I went to Friday prayers in Sadr City today. I have to do it at least once every time I’m in Baghdad, if only for purposes of nostalgia. I was at Friday prayers in September 2003 when the call went out that Muqtada al Sadr, an outspoken young cleric, was raising a militia—the Jeish al Mehdi. Then obscure, Sadr would become one of the most important actors of the next eight years.
There was a time when Friday prayers in Sadr City were well attended by journalists and had an air of edginess—it was how you found out what was going on in the streets. These days, if you want to know what the most powerful political party in Iraq is up to, ask one of their MPs.
Most of the former militia leaders incarcerated by the U.S. and Iraqi government have been released in the last two years. The wall that cut off Sadr City from the rest of Baghdad came down about six months ago. The Iraqi soldiers on the cordon at prayers on Friday were at ease. No longer are they there to protect the worshippers from the rest of Baghdad, but simply to protect the worshippers.

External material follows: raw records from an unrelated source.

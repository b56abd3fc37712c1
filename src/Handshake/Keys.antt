-- ===== src/Handshake/Keys.antt =====
-- The signed keys of src/lib.rs: key exchanges, prekeys, and the keys derived from them.
use ciphermesh.Prelude.{ℕ, none, List, ◌++◌}
use ciphermesh.Crypto.{Crypto, CryptoError, Result, ok_or, guard, ◌>>◌}
use ciphermesh.Crypto.Utf8.{as_bytes}
use ciphermesh.Ratchet.State.{RatchetMessage}

unfoldable pub hkdf_info : List ℕ
unfolding as_bytes
hkdf_info = as_bytes "ciphermesh.phase-2a.x25519.chacha20poly1305"

unfoldable pub signed_key_exchange_context : List ℕ
unfolding as_bytes
signed_key_exchange_context = as_bytes "ciphermesh.phase-2b.signed-x25519"

unfoldable pub signed_prekey_context : List ℕ
unfolding as_bytes
signed_prekey_context = as_bytes "ciphermesh.phase-2c.signed-prekey"

unfoldable pub prekey_hkdf_info : List ℕ
unfolding as_bytes
prekey_hkdf_info = as_bytes "ciphermesh.phase-2c.prekey-initial-session"

pub record SignedKeyExchange : Type 0 where
  pub identity_public_key : List ℕ
  pub x25519_public_key : List ℕ
  pub signature : List ℕ

pub record PreKeyBundle : Type 0 where
  pub identity_public_key : List ℕ
  pub signed_prekey_public_key : List ℕ
  pub signed_prekey_signature : List ℕ
  pub one_time_prekey_id : ℕ
  pub one_time_prekey_public_key : List ℕ

pub record InitialMessage : Type 0 where
  pub alice_initial_public_key : List ℕ
  pub one_time_prekey_id : ℕ
  pub message : RatchetMessage

-- Key pairs are kept as their secret bytes.
pub record OneTimePreKey : Type 0 where
  pub id : ℕ
  pub keys : List ℕ

unfoldable pub signed_key_exchange_bytes : List ℕ → List ℕ → List ℕ
signed_key_exchange_bytes identity_public_key x25519_public_key =
    signed_key_exchange_context ++ (identity_public_key ++ x25519_public_key)

unfoldable pub signed_prekey_bytes : List ℕ → List ℕ → List ℕ
signed_prekey_bytes identity_public_key signed_prekey_public_key =
    signed_prekey_context ++ (identity_public_key ++ signed_prekey_public_key)

module _ (crypto : Crypto) where
  open crypto use {
    ed25519_public, x25519_public, diffie_hellman, hkdf_expand, sign, is_verifying_key,
    is_signature, verify,
  }

  -- `X25519KeyPair::derive_aead_key`
  unfoldable pub derive_aead_key : List ℕ → List ℕ → Result (List ℕ)
  derive_aead_key keys peer_public_key =
      ok_or CryptoError.key_derivation
        (hkdf_expand none (diffie_hellman keys peer_public_key) hkdf_info 32)

  unfoldable pub derive_prekey_aead_key : List ℕ → List ℕ → Result (List ℕ)
  derive_prekey_aead_key first_dh second_dh =
      ok_or CryptoError.key_derivation
        (hkdf_expand none (first_dh ++ second_dh) prekey_hkdf_info 32)

  unfoldable pub sign_key_exchange : List ℕ → List ℕ → SignedKeyExchange
  unfolding signed_key_exchange_bytes
  sign_key_exchange identity x25519_public_key = record {
    identity_public_key = ed25519_public identity;
    x25519_public_key = x25519_public_key;
    signature =
        sign identity (signed_key_exchange_bytes (ed25519_public identity) x25519_public_key);
  }

  unfoldable pub sign_prekey : List ℕ → List ℕ → List ℕ
  unfolding signed_prekey_bytes
  sign_prekey identity signed_prekey_public_key =
      sign identity (signed_prekey_bytes (ed25519_public identity) signed_prekey_public_key)

  unfoldable pub verify_signed_key_exchange : SignedKeyExchange → Result (Unit {0})
  unfolding signed_key_exchange_bytes
  verify_signed_key_exchange e = do
    guard (is_verifying_key e.identity_public_key) CryptoError.signature_verification
    guard (is_signature e.signature) CryptoError.signature_verification
    guard
        (verify e.identity_public_key
          (signed_key_exchange_bytes e.identity_public_key e.x25519_public_key) e.signature)
        CryptoError.signature_verification

  unfoldable pub verify_signed_prekey : PreKeyBundle → Result (Unit {0})
  unfolding signed_prekey_bytes
  verify_signed_prekey b = do
    guard (is_verifying_key b.identity_public_key) CryptoError.signature_verification
    guard (is_signature b.signed_prekey_signature) CryptoError.signature_verification
    guard
        (verify b.identity_public_key
          (signed_prekey_bytes b.identity_public_key b.signed_prekey_public_key)
          b.signed_prekey_signature)
        CryptoError.signature_verification
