-- ===== src/Handshake/Parties.antt =====
-- `Alice` and `Bob` of src/lib.rs, and the directory that hands out a prekey bundle.
use ciphermesh.Prelude.{ℕ, Option, none, some, List, ◌==◌, if◌then◌else◌}
use ciphermesh.Crypto.{Crypto, CryptoError, Result, ok, err, ok_or}
use ciphermesh.Ratchet.Stateful.{Exec, pure, raise, lift, gets, update, ◌>>=◌, ◌>>◌}
use ciphermesh.Ratchet.State.{
  alice, bob, RatchetSession, RatchetMessage, Session, new, encrypt, rotate_sending_ratchet,
}
use ciphermesh.Ratchet.Receive.{decrypt}
use ciphermesh.Handshake.Keys.{
  SignedKeyExchange, PreKeyBundle, InitialMessage, OneTimePreKey, derive_aead_key,
  derive_prekey_aead_key, sign_key_exchange, sign_prekey, verify_signed_key_exchange,
  verify_signed_prekey,
}

pub record Alice : Type 0 where
  pub identity : List ℕ
  pub keys : List ℕ
  pub session : Option RatchetSession

pub record Bob : Type 0 where
  pub identity : List ℕ
  pub keys : List ℕ
  pub signed_prekey : List ℕ
  pub one_time_prekey : Option OneTimePreKey
  pub session : Option RatchetSession

pub record SimulatedDirectory : Type 0 where
  pub bob_bundle : Option PreKeyBundle

-- `session.as_mut().ok_or(MissingSessionKey)?` and a method of the session
abbrev pub with_session :
    {A : Type 0} → Session A → Option RatchetSession → Result A × Option RatchetSession
with_session f none = (err CryptoError.missing_session_key, none)
with_session f (some s) = ((f s).0, some (f s).1)

abbrev pub on_alice : {A : Type 0} → Session A → Exec Alice A
on_alice f a = ((with_session f a.session).0, record a { session = (with_session f a.session).1 })

abbrev pub on_bob : {A : Type 0} → Session A → Exec Bob A
on_bob f b = ((with_session f b.session).0, record b { session = (with_session f b.session).1 })

module _ (crypto : Crypto) where
  open crypto use {x25519_public, ed25519_public, diffie_hellman}

  unfoldable pub alice_exchange : Alice → SignedKeyExchange
  unfolding sign_key_exchange
  alice_exchange a = sign_key_exchange crypto a.identity (x25519_public a.keys)

  unfoldable pub bob_exchange : Bob → SignedKeyExchange
  unfolding sign_key_exchange
  bob_exchange b = sign_key_exchange crypto b.identity (x25519_public b.keys)

  -- `Alice::derive_session_key`
  unfoldable pub alice_derive_session_key : SignedKeyExchange → Exec Alice (Unit {0})
  unfolding verify_signed_key_exchange derive_aead_key new
  alice_derive_session_key e = do
    lift (verify_signed_key_exchange crypto e)
    keys ← gets (λ a. a.keys)
    key ← lift (derive_aead_key crypto keys e.x25519_public_key)
    session ← lift (new crypto key alice keys e.x25519_public_key)
    update (λ a. record a { session = some session })

  -- `Bob::derive_session_key`
  unfoldable pub bob_derive_session_key : SignedKeyExchange → Exec Bob (Unit {0})
  unfolding verify_signed_key_exchange derive_aead_key new
  bob_derive_session_key e = do
    lift (verify_signed_key_exchange crypto e)
    keys ← gets (λ b. b.keys)
    key ← lift (derive_aead_key crypto keys e.x25519_public_key)
    session ← lift (new crypto key bob keys e.x25519_public_key)
    update (λ b. record b { session = some session })

  unfoldable pub encrypt_for_bob : List ℕ → Exec Alice RatchetMessage
  unfolding encrypt
  encrypt_for_bob message = on_alice (encrypt crypto message)

  unfoldable pub decrypt_from_bob : RatchetMessage → Exec Alice (List ℕ)
  unfolding decrypt
  decrypt_from_bob message = on_alice (decrypt crypto message)

  unfoldable pub decrypt_from_alice : RatchetMessage → Exec Bob (List ℕ)
  unfolding decrypt
  decrypt_from_alice message = on_bob (decrypt crypto message)

  unfoldable pub encrypt_for_alice : List ℕ → Exec Bob RatchetMessage
  unfolding encrypt
  encrypt_for_alice message = on_bob (encrypt crypto message)

  -- `Alice::rotate_sending_ratchet`, with the secret that it draws
  unfoldable pub alice_rotate_sending_ratchet : List ℕ → Exec Alice (Unit {0})
  alice_rotate_sending_ratchet secret = on_alice (rotate_sending_ratchet crypto secret)

  -- `secret` is that of the key pair that Alice makes for the message.
  unfoldable pub encrypt_initial_message :
      List ℕ → PreKeyBundle → List ℕ → Exec Alice InitialMessage
  unfolding verify_signed_prekey derive_prekey_aead_key new encrypt_for_bob
  encrypt_initial_message secret bundle message = do
    lift (verify_signed_prekey crypto bundle)
    key ← lift (
        derive_prekey_aead_key crypto (diffie_hellman secret bundle.signed_prekey_public_key)
          (diffie_hellman secret bundle.one_time_prekey_public_key))
    session ← lift (new crypto key alice secret bundle.signed_prekey_public_key)
    update (λ a. record a { session = some session })
    ciphertext ← encrypt_for_bob message
    pure (record {
      alice_initial_public_key = ciphertext.ratchet_public_key;
      one_time_prekey_id = bundle.one_time_prekey_id;
      message = ciphertext;
    })

  abbrev bundle_with : Bob → Option OneTimePreKey → Result PreKeyBundle
  bundle_with b none = err CryptoError.prekey_unavailable
  bundle_with b (some p) = ok (record {
    identity_public_key = ed25519_public b.identity;
    signed_prekey_public_key = x25519_public b.signed_prekey;
    signed_prekey_signature = sign_prekey crypto b.identity (x25519_public b.signed_prekey);
    one_time_prekey_id = p.id;
    one_time_prekey_public_key = x25519_public p.keys;
  })

  unfoldable pub prekey_bundle : Bob → Result PreKeyBundle
  unfolding sign_prekey
  prekey_bundle b = bundle_with b b.one_time_prekey

  -- A new key only where there is none.
  unfoldable pub replenish_one_time_prekey : ℕ → List ℕ → Bob → Bob
  replenish_one_time_prekey id secret b = elim b.one_time_prekey [
    | some p ↦ b
    | none ↦ record b { one_time_prekey = some (record { id = id; keys = secret }) }
  ]

  -- The session from the one-time prekey, which is used up by then.
  abbrev pub session_from : OneTimePreKey → List ℕ → Exec Bob (Unit {0})
  session_from p public = do
    signed ← gets (λ b. b.signed_prekey)
    key ← lift (
        derive_prekey_aead_key crypto (diffie_hellman signed public) (diffie_hellman p.keys public))
    session ← lift (new crypto key bob signed public)
    update (λ b. record b { session = some session })

  abbrev with_prekey : InitialMessage → Option OneTimePreKey → Exec Bob (List ℕ)
  with_prekey m none = raise CryptoError.prekey_unavailable
  with_prekey m (some p) =
      if p.id == m.one_time_prekey_id
      then (do
        update (λ b. record b { one_time_prekey = none })
        session_from p m.alice_initial_public_key
        decrypt_from_alice m.message)
      else raise CryptoError.prekey_unavailable

  -- `take()`, and the key put back where the id is another.
  unfoldable pub decrypt_initial_message : InitialMessage → Exec Bob (List ℕ)
  unfolding derive_prekey_aead_key new decrypt_from_alice
  decrypt_initial_message m = do prekey ← gets (λ b. b.one_time_prekey); with_prekey m prekey

  abbrev published :
      SimulatedDirectory → Result PreKeyBundle → Result (Unit {0}) × SimulatedDirectory
  published d (err e) = (err e, d)
  published d (ok bundle) = (ok tt, record { bob_bundle = some bundle })

  unfoldable pub publish_bob_bundle : Bob → Exec SimulatedDirectory (Unit {0})
  unfolding prekey_bundle
  publish_bob_bundle b d = published d (prekey_bundle b)

unfoldable pub take_bob_prekey_bundle : Exec SimulatedDirectory PreKeyBundle
take_bob_prekey_bundle d =
    (ok_or CryptoError.prekey_unavailable d.bob_bundle, record { bob_bundle = none })
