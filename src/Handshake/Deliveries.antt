-- ===== src/Handshake/Deliveries.antt =====
-- Sessions between devices in src/lib.rs: `DeviceSession` and how a `DeviceIdentity` makes one.
use ciphermesh.Prelude.{ℕ, String, List, Bool, not, same, string_ord, ◌||◌, true, false}
use ciphermesh.Crypto.{Crypto, CryptoError, Result, ok, err, ◌>>=◌, ◌>>◌}
use ciphermesh.Devices.{DeviceCertificate, DeviceIdentity, verify_device_certificate}
use ciphermesh.Ratchet.State.{RatchetSession, RatchetMessage, alice, bob, new, encrypt}
use ciphermesh.Ratchet.Receive.{decrypt}
use ciphermesh.Handshake.Keys.{derive_aead_key}

pub record DeviceSession : Type 0 where
  pub local_device_id : String
  pub remote_device_id : String
  pub session : RatchetSession

pub record DeviceDeliveryEnvelope : Type 0 where
  pub logical_message_id : String
  pub sender_device_id : String
  pub recipient_device_id : String
  pub message : RatchetMessage

module _ (crypto : Crypto) where
  unfoldable pub create_outbound_session :
      List ℕ → DeviceCertificate → DeviceIdentity → Result DeviceSession
  unfolding verify_device_certificate derive_aead_key new
  create_outbound_session remote_account_public_key remote d = do
    verify_device_certificate crypto remote_account_public_key remote
    key ← derive_aead_key crypto d.x25519 remote.device_x25519_public_key
    session ← new crypto key alice d.x25519 remote.device_x25519_public_key
    ok (record {
      local_device_id = d.device_id;
      remote_device_id = remote.device_id;
      session = session;
    })

  unfoldable pub create_inbound_session : String → List ℕ → DeviceIdentity → Result DeviceSession
  unfolding derive_aead_key new
  create_inbound_session remote_device_id public d = do
    key ← derive_aead_key crypto d.x25519 public
    session ← new crypto key bob d.x25519 public
    ok (record {
      local_device_id = d.device_id;
      remote_device_id = remote_device_id;
      session = session;
    })

  abbrev envelope_of :
      String → DeviceSession → Result RatchetMessage → Result DeviceDeliveryEnvelope
  envelope_of id d (err e) = err e
  envelope_of id d (ok message) = ok (record {
    logical_message_id = id;
    sender_device_id = d.local_device_id;
    recipient_device_id = d.remote_device_id;
    message = message;
  })

  -- `DeviceSession::encrypt`
  unfoldable pub encrypt_envelope :
      String → List ℕ → DeviceSession → Result DeviceDeliveryEnvelope × DeviceSession
  unfolding encrypt
  encrypt_envelope id plaintext d =
      let (result, session) = encrypt crypto plaintext d.session in
      (envelope_of id d result, record d { session = session })

  abbrev is_misdirected : DeviceDeliveryEnvelope → DeviceSession → Bool
  is_misdirected e d =
      not (same e.recipient_device_id d.local_device_id)
      || not (same e.sender_device_id d.remote_device_id)

  abbrev decrypt_directed :
      Bool → DeviceDeliveryEnvelope → DeviceSession → Result (List ℕ) × DeviceSession
  decrypt_directed true e d = (err CryptoError.decrypt, d)
  decrypt_directed false e d =
      let (result, session) = decrypt crypto e.message d.session in
      (result, record d { session = session })

  -- `DeviceSession::decrypt`
  unfoldable pub decrypt_envelope :
      DeviceDeliveryEnvelope → DeviceSession → Result (List ℕ) × DeviceSession
  unfolding decrypt
  decrypt_envelope e d = decrypt_directed (is_misdirected e d) e d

Earlier this month, Sadr City, the target of so many bombings since 2004, was hit again, killing at least 18. The bombings were presumably the work of Sunni extremists still intent on fomenting sectarian violence in Iraq, and a statement from Sadr’s political office was read after the prayers, urging the young men of Sadr City not to take revenge against Sunnis, but it hardly seemed necessary. The Sadrists, for now, have won. Their office in Sadr City, reduced to rubble by U.S. tanks in 2004, is bigger than ever.
There was a time when I was dismissed by other Western correspondents for arguing that Sadr had the largest following of any leader in the Iraq, the most grassroots support, and was perhaps Iraq’s canniest politician. Now, in both of the parliamentary elections since the invasion, Sadr has asserted himself as kingmaker. His party has challenged the oil deals signed by Prime Minister Nouri al Maliki’s government and won concessions, it has led the way in calling for a full withdrawal of U.S. combat troops, which now seems a foregone conclusion. It seems laughable now that Sadr was derided as a nobody by the U.S. in 2003 and targeted for arrest.
These days the posters of his father, Mohammed Sadeq al Sadr, are ubiquitous in Baghdad, and even adorn the Iraqi parliament. The anniversary of Sadeq al Sadr’s death, at the hands of Saddam Hussein’s security forces in 1999, was this month. To look around Baghdad, someone coming here for the first time could be forgiven for thinking Sadeq al Sadr was the president of Iraq.
Chronically neglected by the government, Sadr City, home to a quarter of Baghdad’s population, is still dilapidated and overcrowded, but looking better than before. Now that they are in power, perhaps the biggest challenge for the politicians who pledge allegiance to Sadr is whether they can maintain their popularity, which has until now derived from their claim to speak for the powerless.